Instructions to follow
Count every line in the following entries that holds the word "below". Only the number should be given.

Provided data
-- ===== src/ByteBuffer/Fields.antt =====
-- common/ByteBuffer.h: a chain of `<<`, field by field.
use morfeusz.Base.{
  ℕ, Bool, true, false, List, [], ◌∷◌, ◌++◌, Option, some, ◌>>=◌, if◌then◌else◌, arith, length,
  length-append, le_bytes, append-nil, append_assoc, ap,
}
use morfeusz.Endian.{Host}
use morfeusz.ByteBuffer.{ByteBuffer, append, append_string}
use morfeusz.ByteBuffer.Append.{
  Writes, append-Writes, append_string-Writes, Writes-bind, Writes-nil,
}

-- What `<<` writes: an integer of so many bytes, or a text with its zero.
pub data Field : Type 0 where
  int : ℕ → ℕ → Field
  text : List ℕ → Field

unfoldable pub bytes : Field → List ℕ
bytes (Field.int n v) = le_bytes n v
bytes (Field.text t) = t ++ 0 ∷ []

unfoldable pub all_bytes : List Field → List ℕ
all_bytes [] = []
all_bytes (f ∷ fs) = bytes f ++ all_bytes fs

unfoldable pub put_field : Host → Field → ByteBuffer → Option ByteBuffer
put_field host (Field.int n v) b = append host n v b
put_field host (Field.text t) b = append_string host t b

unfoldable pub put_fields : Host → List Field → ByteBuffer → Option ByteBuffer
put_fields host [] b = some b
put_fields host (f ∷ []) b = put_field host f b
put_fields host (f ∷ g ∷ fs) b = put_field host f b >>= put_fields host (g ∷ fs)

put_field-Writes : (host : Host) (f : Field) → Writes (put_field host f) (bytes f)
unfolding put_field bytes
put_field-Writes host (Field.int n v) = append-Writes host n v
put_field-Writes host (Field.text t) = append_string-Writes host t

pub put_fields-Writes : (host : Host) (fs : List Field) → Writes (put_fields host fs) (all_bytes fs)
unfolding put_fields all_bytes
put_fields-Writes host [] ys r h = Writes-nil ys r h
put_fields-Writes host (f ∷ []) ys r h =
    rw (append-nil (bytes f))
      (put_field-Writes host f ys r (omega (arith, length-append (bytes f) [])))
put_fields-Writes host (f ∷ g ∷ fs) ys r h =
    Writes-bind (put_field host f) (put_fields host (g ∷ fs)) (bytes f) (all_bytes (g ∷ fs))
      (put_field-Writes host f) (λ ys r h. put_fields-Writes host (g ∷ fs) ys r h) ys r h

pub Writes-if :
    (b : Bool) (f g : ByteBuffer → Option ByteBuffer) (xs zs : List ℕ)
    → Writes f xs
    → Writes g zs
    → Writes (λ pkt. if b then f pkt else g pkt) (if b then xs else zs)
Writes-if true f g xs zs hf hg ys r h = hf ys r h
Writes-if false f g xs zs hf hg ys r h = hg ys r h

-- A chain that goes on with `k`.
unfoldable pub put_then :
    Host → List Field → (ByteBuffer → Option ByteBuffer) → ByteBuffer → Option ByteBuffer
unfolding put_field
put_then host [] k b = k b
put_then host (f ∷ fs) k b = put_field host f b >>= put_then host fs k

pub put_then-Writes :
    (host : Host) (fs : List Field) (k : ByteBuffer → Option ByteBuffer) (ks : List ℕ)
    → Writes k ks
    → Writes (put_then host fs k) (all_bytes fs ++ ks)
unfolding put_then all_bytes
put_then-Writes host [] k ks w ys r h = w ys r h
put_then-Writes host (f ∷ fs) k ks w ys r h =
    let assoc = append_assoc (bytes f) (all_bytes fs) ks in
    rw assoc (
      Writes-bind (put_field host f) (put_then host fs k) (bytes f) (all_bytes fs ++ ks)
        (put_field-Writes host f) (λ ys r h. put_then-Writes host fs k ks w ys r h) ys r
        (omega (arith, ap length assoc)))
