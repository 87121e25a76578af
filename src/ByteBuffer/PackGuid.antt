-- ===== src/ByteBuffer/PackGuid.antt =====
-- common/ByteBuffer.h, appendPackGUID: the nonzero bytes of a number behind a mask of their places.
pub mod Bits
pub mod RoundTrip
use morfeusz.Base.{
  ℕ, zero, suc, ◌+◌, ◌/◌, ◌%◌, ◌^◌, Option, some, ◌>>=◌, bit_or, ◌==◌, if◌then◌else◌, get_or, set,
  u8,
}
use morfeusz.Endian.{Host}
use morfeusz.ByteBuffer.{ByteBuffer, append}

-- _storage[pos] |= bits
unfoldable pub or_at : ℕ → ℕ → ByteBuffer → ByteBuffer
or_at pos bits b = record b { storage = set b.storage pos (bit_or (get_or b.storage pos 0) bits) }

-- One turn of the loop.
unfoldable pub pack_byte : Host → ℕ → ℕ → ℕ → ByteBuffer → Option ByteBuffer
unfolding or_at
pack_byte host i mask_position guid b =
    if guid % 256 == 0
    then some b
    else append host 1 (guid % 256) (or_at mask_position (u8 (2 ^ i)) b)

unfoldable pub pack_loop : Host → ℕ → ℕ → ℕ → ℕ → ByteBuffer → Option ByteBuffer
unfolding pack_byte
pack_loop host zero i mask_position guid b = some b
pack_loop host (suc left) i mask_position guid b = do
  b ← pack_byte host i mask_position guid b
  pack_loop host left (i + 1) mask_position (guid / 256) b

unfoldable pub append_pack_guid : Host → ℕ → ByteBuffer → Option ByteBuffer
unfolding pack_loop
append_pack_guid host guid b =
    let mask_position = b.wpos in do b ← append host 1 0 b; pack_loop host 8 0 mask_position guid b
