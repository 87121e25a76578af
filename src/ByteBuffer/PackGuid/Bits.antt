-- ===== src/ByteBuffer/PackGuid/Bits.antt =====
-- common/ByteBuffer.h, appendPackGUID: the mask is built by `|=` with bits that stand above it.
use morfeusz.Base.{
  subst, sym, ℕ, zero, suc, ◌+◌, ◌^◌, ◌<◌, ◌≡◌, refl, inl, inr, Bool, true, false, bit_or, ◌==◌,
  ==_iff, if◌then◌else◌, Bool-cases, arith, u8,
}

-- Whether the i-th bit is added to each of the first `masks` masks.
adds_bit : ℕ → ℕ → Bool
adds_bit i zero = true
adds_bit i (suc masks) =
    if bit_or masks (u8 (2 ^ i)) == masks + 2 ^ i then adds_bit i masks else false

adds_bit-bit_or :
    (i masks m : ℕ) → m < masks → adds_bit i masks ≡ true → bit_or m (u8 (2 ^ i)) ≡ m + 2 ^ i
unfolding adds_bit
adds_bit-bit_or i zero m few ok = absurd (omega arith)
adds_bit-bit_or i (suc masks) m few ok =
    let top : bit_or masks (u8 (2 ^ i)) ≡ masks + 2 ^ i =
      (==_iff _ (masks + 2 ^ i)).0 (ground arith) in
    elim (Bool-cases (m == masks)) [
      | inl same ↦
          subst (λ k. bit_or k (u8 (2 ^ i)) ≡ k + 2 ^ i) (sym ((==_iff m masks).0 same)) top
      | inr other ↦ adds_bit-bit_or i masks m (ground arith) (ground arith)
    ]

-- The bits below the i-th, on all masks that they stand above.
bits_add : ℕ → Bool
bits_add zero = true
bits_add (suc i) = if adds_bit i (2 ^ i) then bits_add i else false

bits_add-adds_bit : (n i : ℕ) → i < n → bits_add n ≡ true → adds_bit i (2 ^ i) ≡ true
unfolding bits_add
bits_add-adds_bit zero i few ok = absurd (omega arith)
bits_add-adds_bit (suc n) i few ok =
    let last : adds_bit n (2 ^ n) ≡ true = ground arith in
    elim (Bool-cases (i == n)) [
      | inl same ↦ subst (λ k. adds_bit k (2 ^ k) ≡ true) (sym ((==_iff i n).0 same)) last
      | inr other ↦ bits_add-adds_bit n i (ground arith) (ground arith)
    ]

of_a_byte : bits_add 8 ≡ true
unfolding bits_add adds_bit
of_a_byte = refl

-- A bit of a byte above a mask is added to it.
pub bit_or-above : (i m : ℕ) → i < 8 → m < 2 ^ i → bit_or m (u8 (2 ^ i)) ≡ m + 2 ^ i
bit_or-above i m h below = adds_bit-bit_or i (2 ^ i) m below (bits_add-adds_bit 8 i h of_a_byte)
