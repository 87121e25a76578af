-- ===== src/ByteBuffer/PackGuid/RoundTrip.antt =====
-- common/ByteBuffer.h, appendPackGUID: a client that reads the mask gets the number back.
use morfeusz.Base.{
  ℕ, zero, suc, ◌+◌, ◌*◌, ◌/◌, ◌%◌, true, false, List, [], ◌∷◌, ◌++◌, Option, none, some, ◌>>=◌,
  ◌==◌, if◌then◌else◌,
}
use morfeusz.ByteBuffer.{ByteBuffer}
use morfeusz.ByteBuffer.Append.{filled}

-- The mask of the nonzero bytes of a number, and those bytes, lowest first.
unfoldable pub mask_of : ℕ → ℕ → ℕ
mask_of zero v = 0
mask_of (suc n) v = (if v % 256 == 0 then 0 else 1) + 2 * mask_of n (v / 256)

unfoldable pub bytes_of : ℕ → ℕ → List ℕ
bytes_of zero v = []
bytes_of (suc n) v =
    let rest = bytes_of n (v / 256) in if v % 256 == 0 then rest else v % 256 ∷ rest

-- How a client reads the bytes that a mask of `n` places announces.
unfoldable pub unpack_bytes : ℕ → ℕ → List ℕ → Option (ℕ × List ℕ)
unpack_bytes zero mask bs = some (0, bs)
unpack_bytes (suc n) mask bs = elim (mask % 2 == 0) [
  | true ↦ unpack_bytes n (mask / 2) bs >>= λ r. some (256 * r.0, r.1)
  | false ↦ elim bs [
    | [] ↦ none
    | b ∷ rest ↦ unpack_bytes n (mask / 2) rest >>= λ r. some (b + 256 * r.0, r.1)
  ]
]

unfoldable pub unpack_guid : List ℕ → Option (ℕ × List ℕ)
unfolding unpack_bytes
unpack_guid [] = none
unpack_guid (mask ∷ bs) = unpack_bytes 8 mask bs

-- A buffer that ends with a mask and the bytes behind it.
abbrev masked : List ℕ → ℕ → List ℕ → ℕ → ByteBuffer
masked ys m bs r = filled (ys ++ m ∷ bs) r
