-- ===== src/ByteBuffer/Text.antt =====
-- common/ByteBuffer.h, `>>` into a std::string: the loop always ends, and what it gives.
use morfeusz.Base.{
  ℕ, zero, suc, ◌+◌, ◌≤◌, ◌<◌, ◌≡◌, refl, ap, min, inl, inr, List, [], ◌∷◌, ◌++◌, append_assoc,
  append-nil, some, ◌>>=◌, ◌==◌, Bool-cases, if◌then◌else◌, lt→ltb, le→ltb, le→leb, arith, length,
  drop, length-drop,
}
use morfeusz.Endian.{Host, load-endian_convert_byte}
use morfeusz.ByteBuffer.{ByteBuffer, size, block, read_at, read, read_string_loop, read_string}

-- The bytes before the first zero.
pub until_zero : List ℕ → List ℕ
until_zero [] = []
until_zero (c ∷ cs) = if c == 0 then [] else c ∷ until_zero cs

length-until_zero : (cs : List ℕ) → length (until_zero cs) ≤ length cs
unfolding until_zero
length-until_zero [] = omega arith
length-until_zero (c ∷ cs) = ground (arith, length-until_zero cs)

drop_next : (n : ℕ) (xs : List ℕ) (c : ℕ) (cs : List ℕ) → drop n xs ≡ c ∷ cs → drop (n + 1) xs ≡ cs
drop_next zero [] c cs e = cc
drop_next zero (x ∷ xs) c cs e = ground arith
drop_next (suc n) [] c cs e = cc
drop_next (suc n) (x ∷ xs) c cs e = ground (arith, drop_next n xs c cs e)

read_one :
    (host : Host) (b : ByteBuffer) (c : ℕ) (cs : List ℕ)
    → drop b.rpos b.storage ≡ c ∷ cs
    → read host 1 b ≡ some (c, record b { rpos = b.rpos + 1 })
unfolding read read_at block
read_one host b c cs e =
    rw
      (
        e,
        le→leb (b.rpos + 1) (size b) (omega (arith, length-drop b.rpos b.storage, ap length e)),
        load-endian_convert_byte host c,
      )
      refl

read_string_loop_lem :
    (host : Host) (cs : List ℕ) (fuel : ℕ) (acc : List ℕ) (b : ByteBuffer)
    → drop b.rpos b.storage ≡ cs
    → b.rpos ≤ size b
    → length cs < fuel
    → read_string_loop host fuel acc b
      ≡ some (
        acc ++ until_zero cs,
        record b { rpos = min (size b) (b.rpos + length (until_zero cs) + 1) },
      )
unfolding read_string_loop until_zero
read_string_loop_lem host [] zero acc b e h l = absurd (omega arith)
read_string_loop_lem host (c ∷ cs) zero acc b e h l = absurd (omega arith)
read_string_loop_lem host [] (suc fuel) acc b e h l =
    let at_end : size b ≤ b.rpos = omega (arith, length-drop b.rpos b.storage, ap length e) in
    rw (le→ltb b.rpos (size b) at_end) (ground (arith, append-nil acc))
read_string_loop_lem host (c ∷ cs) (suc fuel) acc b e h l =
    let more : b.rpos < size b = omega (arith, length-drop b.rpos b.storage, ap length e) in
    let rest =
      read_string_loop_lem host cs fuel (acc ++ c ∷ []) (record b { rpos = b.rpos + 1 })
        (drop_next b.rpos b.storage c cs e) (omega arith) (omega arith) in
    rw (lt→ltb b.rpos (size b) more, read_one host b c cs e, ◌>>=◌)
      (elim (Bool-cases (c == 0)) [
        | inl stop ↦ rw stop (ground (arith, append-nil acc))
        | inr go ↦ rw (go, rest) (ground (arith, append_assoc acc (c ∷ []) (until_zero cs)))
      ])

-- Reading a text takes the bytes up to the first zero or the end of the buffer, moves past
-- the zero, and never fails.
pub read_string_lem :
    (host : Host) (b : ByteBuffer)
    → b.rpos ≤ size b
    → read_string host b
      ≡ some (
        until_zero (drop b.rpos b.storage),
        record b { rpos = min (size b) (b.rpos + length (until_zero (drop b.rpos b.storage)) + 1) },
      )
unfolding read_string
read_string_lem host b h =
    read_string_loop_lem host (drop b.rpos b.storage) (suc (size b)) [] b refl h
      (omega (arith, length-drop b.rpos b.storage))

Answer to the exercise
2